# Looking for some synthspiration



## Marcus Millfield (Dec 10, 2020)

Hi guys and gals,

The thing is, I bought a synth a few years ago when I was on an electronic music high and used it vigorously for a few years, but haven't really used it this year simply because it doesn't inspire all that much anymore. I just don't have the spirit anymore to program something with it and nowadays mainly end up just droning away a bit.
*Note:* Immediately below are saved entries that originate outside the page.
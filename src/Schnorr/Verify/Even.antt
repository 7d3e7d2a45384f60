-- ===== src/Schnorr/Verify/Even.antt =====
-- schnorr.rs, `schnorr_verify_impl`: which of the two ordinates is taken.
use mathlib.Core.List.{reverse_aux}
use native.Mathlib.Nat.{mul-add, mul_comm}
use near_mock.Base.{
  ℕ, ◌+◌, ◌*◌, ◌/◌, ◌%◌, ◌<◌, ◌≡◌, refl, sym, ap, ◌∙◌, Bool, false, List, [], ◌∷◌, ◌++◌, Bytes,
  arith, ltb, ltb→lt, ltb→ge, ◌==◌, Bool-cases, inl, inr,
}
use near_mock.Base.{ℕ_eq}
use near_mock.Schnorr.Limbs.{value, IsLimbs, sub256, value-lt}
use near_mock.Schnorr.Field.{p, p_limbs, fe_sub}
use near_mock.Schnorr.Field.Laws.{IsFe, sub256-value}
use near_mock.Schnorr.Octets.{fe_to_be_bytes, le_of_limbs, to_le_bytes}
use near_mock.Schnorr.Verify.{last_odd, is_odd}

last_odd-reverse_aux :
    (xs acc : Bytes) (b : ℕ) (u v : Bool)
    → last_odd u (reverse_aux xs (b ∷ acc)) ≡ last_odd v (b ∷ acc)
last_odd-reverse_aux [] acc b u v = refl
last_odd-reverse_aux (x ∷ xs) acc b u v = last_odd-reverse_aux xs (b ∷ acc) x u v

-- The test of the last byte is that of the number.
pub is_odd-value : (a : List ℕ) → IsLimbs 4 a → is_odd a ≡ (value a % 2 == 1)
unfolding is_odd fe_to_be_bytes le_of_limbs to_le_bytes
is_odd-value [] h = elim h [ ]
is_odd-value (x ∷ r) h =
    last_odd-reverse_aux (to_le_bytes 7 (x / 256) ++ le_of_limbs r) [] (x % 256) false false
    ∙ ap (λ (n : ℕ). n == 1) (omega arith)

-- The negative of a canonical element that is not 0.
pub fe_sub-negated :
    (a : List ℕ)
    → IsFe a
    → 0 < value a
    → IsFe (fe_sub p_limbs a) × (value (fe_sub p_limbs a) + value a ≡ p)
unfolding fe_sub
fe_sub-negated a ha positive =
    let (limbs, small, total) = sub256-value p_limbs a (omega arith) ha.0 in
    elim (Bool-cases (ltb 0 (sub256 p_limbs a).1)) [
      | inl e ↦
          absurd (omega (arith, total, ltb→lt 0 (sub256 p_limbs a).1 e, value-lt 4 _ limbs, small))
      | inr e ↦
          rw (e, fe_sub)
            (
              (limbs, omega (arith, total, ltb→ge 0 (sub256 p_limbs a).1 e)),
              omega (arith, total, ltb→ge 0 (sub256 p_limbs a).1 e),
            )
    ]

-- A number and its negative have the same square.
pub square-negated : (y z : ℕ) → z + y ≡ p → z * z % p ≡ y * y % p
square-negated y z e =
    let left : z * z + z * y ≡ z * p = sym (mul-add z z y) ∙ ap (λ t. z * t) e in
    let right : y * z + y * y ≡ y * p = sym (mul-add y z y) ∙ ap (λ t. y * t) e in
    omega (arith, left, right, mul_comm y z)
I think I'm just looking for some inspiration. How do you use synths in your music? I hate having a great instrument and not using it!

Mark


----------



## fourier (Dec 10, 2020)

Wish I could lend you any advice, but my use of synths have mainly been for making electronic music - but if you're looking for inspiration and if you really like the vintage synths, perhaps the newly released update of V collection 8 can be of interest https://www.arturia.com/products/analog-classics/v-collection/overview#en 

I got my hands on a novation nova back in the day, and for me this gave me the chance to reinvent takes on songs when playing in a cover band. By far the best purchase I did if I count hours spent playing/tweaking vs money invested. Again, not sure if I'm helpful, but the ability to tweak the heck out of sounds to create something that just feels exciting is for me the first step before I start thinking about how this can be incorporated.


----------



## Wally Garten (Dec 10, 2020)

Marcus Millfield said:


> I just don't have the spirit anymore to program something with it



Do you mean you don't have the spirit to program patches? If so, may I suggest Synplant? You don't program anything -- you just start with a basic "seed" patch and you "grow" some other patches from that patch by dragging branches that change the parameters of the synth in some mysterious, behind-the-scenes ways. It's good because it really forces you to use your ears instead of your analytical brain.


----------



## Marcus Millfield (Dec 10, 2020)

Tldr: have synth


fourier said:


> Wish I could lend you any advice, but my use of synths have mainly been for making electronic music - but if you're looking for inspiration and if you really like the vintage synths, perhaps the newly released update of V collection 8 can be of interest https://www.arturia.com/products/analog-classics/v-collection/overview#en
> 
> I got my hands on a novation nova back in the day, and for me this gave me the chance to reinvent takes on songs when playing in a cover band. By far the best purchase I did if I count hours spent playing/tweaking vs money invested. Again, not sure if I'm helpful, but the ability to tweak the heck out of sounds to create something that just feels exciting is for me the first step before I start thinking about how this can be incorporated.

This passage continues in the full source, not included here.